Разумеется, отношения между командиром и его подчиненными – это не дружба, а война – не пикник. Между стратегом и исполнителями его плана не может быть равенства и полного взаимопонимания, и притом не просто в силу формальностей воинской субординации, а вследствие самого существа стратегического действия. Сунь-цзы не раз подчеркивает, что мудрый стратег обладает знанием, которое недоступно «множеству людей» (то есть не является общепонятным и общедоступным), что рядовые воины «могут одержать победу, но не могут знать причин победы». Не следует ли в таком случае предположить, что Сунь-цзы имел в виду именно то, что говорил, когда утверждал, что полководец – подобно, кстати сказать, добродетельному правителю – должен относиться к своим воинам «как к младенцам» и «любимым сыновьям»? Разве взрослые не любят в детях прежде всего их невинность, которая так часто предстает наивностью, то есть неким внутренним недостатком знания?
Собственно, доверие только и возможно там, где нет полного взаимопонимания. Более того, Сунь-цзы настаивает на том, что полководец просто обязан держать своих воинов в неведении относительно содержания и целей операции: он должен побольше говорить о выгодах, которые она сулит, и умалчивать о возможных опасностях. Если нужно, он может заставить своих людей проявлять чудеса храбрости, намеренно поставив их – в интересах общего дела – в безвыходное положение. Ибо там, где нужно выбирать между личными интересами отдельных воинов и судьбой всего войска, он без колебаний должен жертвовать первым.
Экскурс. Исторические корни японского менеджмента
Чтобы понять особенности японского капитализма и японского стиля менеджмента, нужно уяснить условия исторического развития японской культуры. Древние японцы получили письменность, а с нею свод классических для их культурной традиции сочинений от Китая (главным образом, через посредничество Кореи). На протяжении целого тысячелетия японцы оставались, в сущности, скромными, хотя и на редкость усердными учениками китайских учителей. Свою задачу они видели прежде всего в том, чтобы сделать для себя понятными заветы мудрецов Срединного царства и, следовательно, извлечь из них какие-то практические и осмысленные выводы. Этим объясняется преимущественно умственный, отвлеченно-рассудочный характер японского миросознания, в котором преобладает стремление не столько зафиксировать духовный опыт, сколько разъяснить его и извлечь из него полезный урок. Естественно, духовный опыт, наподобие рассмотренного выше постижения «небесного импульса» жизни в китайской традиции, неизбежно сводился в таком случае к интеллектуальной схеме, подкрепляемой истинами здравого смысла. Примечательно, что само слово «понимать» по-японски означает буквально «разделять» ( ва-кару), тогда как в китайском языке «понимание» имело отношение к внутреннему «просветлению» (мин), предполагающему целостное постижение. Современный японский уклад жизни стоит на тщательном разделении иностранных заимствований и собственного культурного наследия, так что поразительная способность японцев перенимать элементы чужих культур, даже их тонкий вкус к иному видению мира не только не подавляет в них чувство собственной исключительности, но в действительности даже укрепляет его.

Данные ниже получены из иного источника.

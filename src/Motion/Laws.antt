-- ===== src/Motion/Laws.antt =====
-- What a consumer that polls with cursors can rely on.
use pose_bridge.Motion.Invariant.{Consecutive, IsOwned, IsHistory}
use pose_bridge.Prelude.{
  ℕ, suc, ◌+◌, ◌-◌, ◌≤◌, ◌<◌, ◌≡◌, ◌≢◌, refl, ◌⊎◌, inl, inr, Bool, true, false, Option, none, some,
  List, [], ◌∷◌, map, arith, length, filter, back, ltb, length-map, u64_max, ap, lt→ltb, Bool-cases,
  ltb→lt,
}
use mathlib.Core.Option
use mathlib.Core.Path.{subst}
use pose_bridge.Motion.{
  MotionCursor, MotionSample, History, since, sequence_of, at_query, overrun_of, cursor_of,
  is_reset,
}

is_reset-own :
    (i s latest after : ℕ)
    → after ≤ latest
    → is_reset
        (some (record { instance_id = i; session_id = s; sequence = after }))
        (some (record { instance_id = i; session_id = s; sequence = latest }))
      ≡ false
is_reset-own i s latest after h = ground arith

-- The cursor is of another instance or session, or ahead of the latest record.
abbrev pub IsForeign : ℕ → ℕ → ℕ → MotionCursor → Type 0
IsForeign i s latest c = (c.instance_id ≢ i) ⊎ (c.session_id ≢ s) ⊎ (latest < c.sequence)

is_reset-foreign :
    (i s latest : ℕ) (c : MotionCursor)
    → IsForeign i s latest c
    → is_reset (some c) (some (record { instance_id = i; session_id = s; sequence = latest }))
      ≡ true
is_reset-foreign i s latest c h = ground arith

module _ {F : Type 0} where
  -- The records after a cursor.
  abbrev newer : ℕ → List (ℕ × MotionSample F) → List (ℕ × MotionSample F)
  newer after = filter (λ r. ltb after (sequence_of r))

  newer-all :
      (after n : ℕ) (rs : List (ℕ × MotionSample F))
      → Consecutive n rs
      → after < n
      → newer after rs ≡ rs
  newer-all after n [] c h = refl
  newer-all after n (r ∷ rs) c h =
      rw (lt→ltb after (sequence_of r) (omega arith))
        (ap (λ l. r ∷ l) (newer-all after (suc n) rs c.1 (omega arith)))

  record IsNewer (after next : ℕ) (rs : List (ℕ × MotionSample F)) : Type 0 where
    numbered : Consecutive (suc after) rs
    reaches : suc after + length rs ≡ next

  newer-IsNewer :
      (after n next : ℕ) (rs : List (ℕ × MotionSample F))
      → Consecutive n rs
      → n ≤ suc after
      → suc after ≤ next
      → n + length rs ≡ next
      → IsNewer after next (newer after rs)
  newer-IsNewer after n next [] c h k e = record { numbered = tt; reaches = omega arith }
  newer-IsNewer after n next (r ∷ rs) c h k e = elim (Bool-cases (ltb after (sequence_of r))) [
    | inl new ↦
        let n_lem : n ≡ suc after = omega (arith, ltb→lt after (sequence_of r) new, c.0) in
        rw (new, newer-all after (suc n) rs c.1 (omega arith))
          (record { numbered = subst (λ m. Consecutive m (r ∷ rs)) n_lem c; reaches = omega arith })
    | inr old ↦
        rw old (newer-IsNewer after (suc n) next rs c.1 (ground (arith, c.0)) k (omega arith))
  ]

  -- Ages and freshness do not touch the numbers.
  abbrev pub Numbered : ℕ → List (MotionSample F) → Type 0
  Numbered n [] = Unit {0}
  Numbered n (p ∷ ps) = (p.cursor.sequence ≡ n) × Numbered (suc n) ps

  map-Numbered :
      (now : ℕ) (active : Bool) (n : ℕ) (rs : List (ℕ × MotionSample F))
      → Consecutive n rs
      → Numbered n (map (at_query now active) rs)
  unfolding at_query
  map-Numbered now active n [] c = tt
  map-Numbered now active n (r ∷ rs) c = (c.0, map-Numbered now active (suc n) rs c.1)

  back-latest :
      (i s n latest : ℕ) (rs : List (ℕ × MotionSample F))
      → Consecutive n rs
      → IsOwned i s rs
      → n + length rs ≡ suc latest
      → 0 < length rs
      → Option.map cursor_of (back rs)
        ≡ some (record { instance_id = i; session_id = s; sequence = latest })
  back-latest i s n latest [] c o e h = absurd (omega arith)
  back-latest i s n latest (r ∷ []) c o e h = ground arith
  back-latest i s n latest (r ∷ r' ∷ rs) c o e h =
      back-latest i s (suc n) latest (r' ∷ rs) c.1 o.2 (omega arith) (omega arith)

  newer-Consecutive :
      (after n latest : ℕ) (rs : List (ℕ × MotionSample F))
      → Consecutive n rs
      → n + length rs ≡ suc latest
      → after ≤ latest
      → Consecutive (suc (after + (n - suc after))) (newer after rs)
        × (after + (n - suc after) + length (newer after rs) ≡ latest)
  newer-Consecutive after n latest rs c e le = elim (Bool-cases (ltb (suc after) n)) [
    | inl lost ↦
        let lt = ltb→lt (suc after) n lost in
        let n_lem : n ≡ suc (after + (n - suc after)) = omega arith in
        rw (newer-all after n rs c (omega arith))
          (subst (λ m. Consecutive m rs) n_lem c, omega arith)
    | inr none_lost ↦
        let none_lem : n - suc after ≡ 0 = ground arith in
        let after_lem : after + 0 ≡ after = omega arith in
        let v : IsNewer after (suc latest) (newer after rs) =
          newer-IsNewer after n (suc latest) rs c (omega arith) (omega arith) e in
        rw (none_lem, after_lem) (v.numbered, omega (arith, v.reaches))
  ]

  overrun_of_lem :
      (c : MotionCursor) (n after : ℕ) (rs : List (ℕ × MotionSample F))
      → Consecutive n rs
      → 0 < length rs
      → after < u64_max
      → overrun_of (some c) false after rs ≡ n - suc after
  unfolding overrun_of
  overrun_of_lem c n after [] e h k = absurd (omega arith)
  overrun_of_lem c n after (r ∷ rs) e h k = ground (arith, e.0)

  -- A consumer that polls with a cursor of the session, not ahead of it, misses nothing unnoticed:
  -- the batch is no reset, its records are numbered on from the cursor without a gap after the
  -- overrun, and cursor, overrun and records add up to the latest sequence, which is the new cursor.
  pub since-Numbered :
      (i s latest after now : ℕ) (h : History F) (active : Bool)
      → IsHistory i s latest h
      → 0 < length h.records
      → after ≤ latest
      → latest < u64_max
      → let b =
          since h
            (some (record { instance_id = i; session_id = s; sequence = after }))
            now
            active in
        (b.reset ≡ false)
        × (b.cursor ≡ some (record { instance_id = i; session_id = s; sequence = latest }))
        × Numbered (suc (after + b.history_overrun)) b.samples
        × (after + b.history_overrun + length b.samples ≡ latest)
  unfolding since
  since-Numbered i s latest after now h active v pos le small =
      let rs = h.records in
      let core = newer-Consecutive after v.first latest rs v.numbered v.reaches le in
      rw
        (
          back-latest i s v.first latest rs v.numbered v.owned v.reaches pos,
          is_reset-own i s latest after le,
          overrun_of_lem _ v.first after rs v.numbered pos (omega arith),
          length-map (newer after rs) (at_query now active),
        )
        (refl, refl, map-Numbered now active _ (newer after rs) core.0, core.1)

  overrun_of-reset :
      (c : Option MotionCursor) (after : ℕ) (rs : List (ℕ × MotionSample F))
      → overrun_of c true after rs ≡ 0
  unfolding overrun_of
  overrun_of-reset none after rs = refl
  overrun_of-reset (some c) after rs = refl

  -- A cursor that does not belong to the session, or that is ahead of it, is answered by a reset: all
  -- records that are kept, numbered without a gap up to the latest, and no overrun.
  pub since-reset :
      (i s latest now : ℕ) (h : History F) (active : Bool) (c : MotionCursor)
      → (v : IsHistory i s latest h) → 0 < length h.records
      → IsForeign i s latest c
      → let b = since h (some c) now active in
        (b.reset ≡ true)
        × (b.history_overrun ≡ 0)
        × Numbered v.first b.samples
        × (v.first + length b.samples ≡ suc latest)
  unfolding since
  since-reset i s latest now h active c v pos foreign =
      let rs = h.records in
      rw
        (
          back-latest i s v.first latest rs v.numbered v.owned v.reaches pos,
          is_reset-foreign i s latest c foreign,
          newer-all 0 v.first rs v.numbered v.first_pos,
          length-map rs (at_query now active),
        )
        (
          refl,
          overrun_of-reset (some c) 0 rs,
          map-Numbered now active v.first rs v.numbered,
          v.reaches,
        )
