-- ===== src/Sbatch/QueryCache/Layers.antt =====
-- src/sbatch/manager.rs (`handle_dispatcher`): the three caches, one inside the other.
use slurm_async_runner.Prelude.{ℕ, List, [], ◌∷◌, Option, none, some, ◌≡◌, ◌≢◌, refl, arith}
use slurm_async_runner.Prelude.Text.{Text, codes, text_eq_sound}
use slurm_async_runner.Dispatcher.{Capture}
use slurm_async_runner.Sbatch.QueryCache.{Cached, Shape, capture, pass}
use slurm_async_runner.Sbatch.QueryCache.Squeue.{JobKey, squeue_shape, parse_argv}
use slurm_async_runner.Sbatch.QueryCache.Sacct.{
  sacct_shape, qgroup_shape, parse_sacct_argv, parse_qgroup_argv,
}

-- The program of a command decides which cache may recognise it.
abbrev program : List Text → Text
program [] = []
program (p ∷ args) = p

program-sacct :
    (argv : List Text) (ks : List JobKey)
    → parse_sacct_argv argv ≡ some ks
    → program argv ≡ codes "sacct"
unfolding parse_sacct_argv
program-sacct [] ks h = absurd (cc)
program-sacct (p ∷ []) ks h = absurd (cc)
program-sacct (p ∷ a ∷ []) ks h = absurd (cc)
program-sacct (p ∷ a ∷ b ∷ []) ks h = absurd (cc)
program-sacct (p ∷ a ∷ b ∷ c ∷ []) ks h = absurd (cc)
program-sacct (p ∷ a ∷ b ∷ c ∷ d ∷ []) ks h = absurd (cc)
program-sacct (p ∷ a ∷ b ∷ c ∷ d ∷ e ∷ []) ks h = absurd (cc)
program-sacct (p ∷ a ∷ b ∷ c ∷ d ∷ e ∷ f ∷ []) ks h = text_eq_sound p (codes "sacct") (ground arith)
program-sacct (p ∷ a ∷ b ∷ c ∷ d ∷ e ∷ f ∷ g ∷ l) ks h = absurd (cc)

program-squeue :
    (argv : List Text) (ks : List JobKey)
    → parse_argv argv ≡ some ks
    → program argv ≡ codes "squeue"
unfolding parse_argv
program-squeue [] ks h = absurd (cc)
program-squeue (p ∷ []) ks h = absurd (cc)
program-squeue (p ∷ a ∷ []) ks h = absurd (cc)
program-squeue (p ∷ a ∷ b ∷ []) ks h = absurd (cc)
program-squeue (p ∷ a ∷ b ∷ c ∷ []) ks h = absurd (cc)
program-squeue (p ∷ a ∷ b ∷ c ∷ d ∷ []) ks h = absurd (cc)
program-squeue (p ∷ a ∷ b ∷ c ∷ d ∷ e ∷ []) ks h = absurd (cc)
program-squeue (p ∷ a ∷ b ∷ c ∷ d ∷ e ∷ f ∷ []) ks h =
    text_eq_sound p (codes "squeue") (ground arith)
program-squeue (p ∷ a ∷ b ∷ c ∷ d ∷ e ∷ f ∷ g ∷ l) ks h = absurd (cc)

program-qgroup :
    (argv : List Text) (ks : List ℕ)
    → parse_qgroup_argv argv ≡ some ks
    → program argv ≡ codes "qgroup"
unfolding parse_qgroup_argv
program-qgroup [] ks h = absurd (cc)
program-qgroup (p ∷ []) ks h = absurd (cc)
program-qgroup (p ∷ a ∷ []) ks h = text_eq_sound p (codes "qgroup") (ground arith)
program-qgroup (p ∷ a ∷ b ∷ l) ks h = absurd (cc)

none_of : {A : Type 0} (o : Option A) → ((a : A) → o ≢ some a) → o ≡ none
none_of none h = refl
none_of (some a) h = absurd (h a refl)

-- The states of the sacct, squeue and qgroup caches around the world of the dispatcher.
abbrev pub Layered : Type 0 → Type 0
Layered W = Cached ℕ (Cached JobKey (Cached JobKey W))

module _ {W : Type 0} (now : W → ℕ) (ttl : ℕ) (inner : Capture W) where
  abbrev pub sacct_batched : Capture (Cached JobKey W)
  sacct_batched = capture sacct_shape now ttl inner

  abbrev pub squeue_batched : Capture (Cached JobKey (Cached JobKey W))
  squeue_batched = capture squeue_shape (λ s. now s.world) ttl sacct_batched

  unfoldable pub handle_dispatcher : Capture (Layered W)
  handle_dispatcher = capture qgroup_shape (λ s. now s.world.world) ttl squeue_batched

  passes :
      {K V : Type 0} (shape : Shape K) (clock : V → ℕ) (below : Capture V) (argv : List Text)
      (s : Cached K V)
      → shape.parse argv ≡ none
      → capture shape clock ttl below argv s
        ≡ ((below argv s.world).0, record s { world = (below argv s.world).1 })
  unfolding capture pass
  passes shape clock below argv s h = rw (capture, h) refl

  -- A command that none of the caches recognises is run as it is, and leaves the caches alone.
  pub handle_dispatcher-other :
      (argv : List Text) (s : Layered W)
      → parse_qgroup_argv argv ≡ none
      → parse_argv argv ≡ none
      → parse_sacct_argv argv ≡ none
      → ((handle_dispatcher argv s).0 ≡ (inner argv s.world.world.world).0)
        × ((handle_dispatcher argv s).1.world.world.world ≡ (inner argv s.world.world.world).1)
        × ((handle_dispatcher argv s).1.slot ≡ s.slot)
        × ((handle_dispatcher argv s).1.world.slot ≡ s.world.slot)
        × ((handle_dispatcher argv s).1.world.world.slot ≡ s.world.world.slot)
  unfolding handle_dispatcher
  handle_dispatcher-other argv s q u a =
      rw
        (
          passes qgroup_shape (λ t. now t.world.world) squeue_batched argv s q,
          passes squeue_shape (λ t. now t.world) sacct_batched argv s.world u,
          passes sacct_shape now inner argv s.world.world a,
        )
        (refl, refl, refl, refl, refl)

  -- The exit-code query of sacct is answered by the sacct cache: the other two let it through and keep
  -- their entries and their registries.
  pub handle_dispatcher-sacct :
      (argv : List Text) (ks : List JobKey) (s : Layered W)
      → parse_sacct_argv argv ≡ some ks
      → ((handle_dispatcher argv s).0 ≡ (sacct_batched argv s.world.world).0)
        × ((handle_dispatcher argv s).1.world.world ≡ (sacct_batched argv s.world.world).1)
        × ((handle_dispatcher argv s).1.slot ≡ s.slot)
        × ((handle_dispatcher argv s).1.world.slot ≡ s.world.slot)
  unfolding handle_dispatcher
  handle_dispatcher-sacct argv ks s h =
      let word = program-sacct argv ks h in
      let q : parse_qgroup_argv argv ≡ none =
        none_of _ (λ l e. let other = program-qgroup argv l e in cc) in
      let u : parse_argv argv ≡ none =
        none_of _ (λ l e. let other = program-squeue argv l e in cc) in
      rw
        (
          passes qgroup_shape (λ t. now t.world.world) squeue_batched argv s q,
          passes squeue_shape (λ t. now t.world) sacct_batched argv s.world u,
        )
        (refl, refl, refl, refl)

Множество свидетельств указывает на то, что культура японцев, воспринявших культурное наследие Китая в его зрелой форме буддийско-конфуцианского синтеза, являет собой пример сознательного проецирования понятийного каркаса традиции на общественную практику людей. Так, эстетический идеал японцев отличается последовательным выстраиванием иллюзии природного бытия, иллюстрирующей саму идею недуальности пустоты и формы, искусности и естественности. Достаточно вспомнить примитивистские фантазии «чайной церемонии» или так называемые «сухие сады», где водный поток символизируется «расчерченным» граблями песком. Если в Китае живопись называли «одной чертой кисти», то японские живописцы начали рисовать картины, буквально являвшие собой одну черту кисти, – круг или единицу. Если в Китае символизм пустоты не отлился в тот или иной образ и допускал сосуществование разных художественных стилей, то в Японии та же символика пустотности, или «значимого отсутствия», сама стала предметом означения и тем самым – частью идеологического истолкования мира. Ни один китайский учитель не мог бы сказать, как делает, например, Миямото Мусаси в заключительных строках своей «Книги Пяти кругов», что сознание, применение и действие – это все сущее, но «дух – это пустота». Ведь пустота беспредметна и не имеет имени. Примечательно, что японцы присвоили высокое звание «пути» (до) конкретным видам искусства и даже ремесла. Как следствие, в Китае искусство было продолжением жизни или, точнее, интуитивно постигаемой «подлинности» жизни. В Японии, наоборот, сама жизнь рассматривалась как продолжение искусства: японская жизнь – это, в сущности, мечта об искусно выстроенной жизни.